:: Dataset records
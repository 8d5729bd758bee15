-- ===== src/Switchboard/MsgType.antt =====
-- internal/switchboard/msgtype.go. A MsgType is a byte; the constants have no prefix.
use vivary.Prelude.{ℕ, Str, bytes, ◌==◌, if◌then◌else◌}

abbrev pub ctl_subscribe : ℕ
ctl_subscribe = 0x01

abbrev pub ctl_status : ℕ
ctl_status = 0x02

abbrev pub ctl_agent_create : ℕ
ctl_agent_create = 0x03

abbrev pub ctl_agent_destroy : ℕ
ctl_agent_destroy = 0x04

abbrev pub ctl_agent_list : ℕ
ctl_agent_list = 0x05

abbrev pub ctl_prompt : ℕ
ctl_prompt = 0x06

abbrev pub ctl_approval : ℕ
ctl_approval = 0x07

abbrev pub capability_request : ℕ
capability_request = 0x10

abbrev pub capability_response : ℕ
capability_response = 0x11

abbrev pub completion_event : ℕ
completion_event = 0x20

abbrev pub failure_event : ℕ
failure_event = 0x21

abbrev pub ping : ℕ
ping = 0xfe

abbrev pub pong : ℕ
pong = 0xff

-- The canonical name, under which the audit log files a frame.
unfoldable pub to_string : ℕ → Str
to_string m =
    if m == ctl_subscribe
    then bytes "CtlSubscribe"
    else if m == ctl_status
    then bytes "CtlStatus"
    else if m == ctl_agent_create
    then bytes "CtlAgentCreate"
    else if m == ctl_agent_destroy
    then bytes "CtlAgentDestroy"
    else if m == ctl_agent_list
    then bytes "CtlAgentList"
    else if m == ctl_prompt
    then bytes "CtlPrompt"
    else if m == ctl_approval
    then bytes "CtlApproval"
    else if m == capability_request
    then bytes "CapabilityRequest"
    else if m == capability_response
    then bytes "CapabilityResponse"
    else if m == completion_event
    then bytes "CompletionEvent"
    else if m == failure_event
    then bytes "FailureEvent"
    else if m == ping
    then bytes "Ping"
    else if m == pong
    then bytes "Pong"
    else bytes "Unknown"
::::
[To do] Go through the entries above and report every line in which the word "MsgType" appears.

[Answer to the problem]
-- ===== src/Switchboard/MsgType.antt =====
-- internal/switchboard/msgtype.go. A MsgType is a byte; the constants have no prefix.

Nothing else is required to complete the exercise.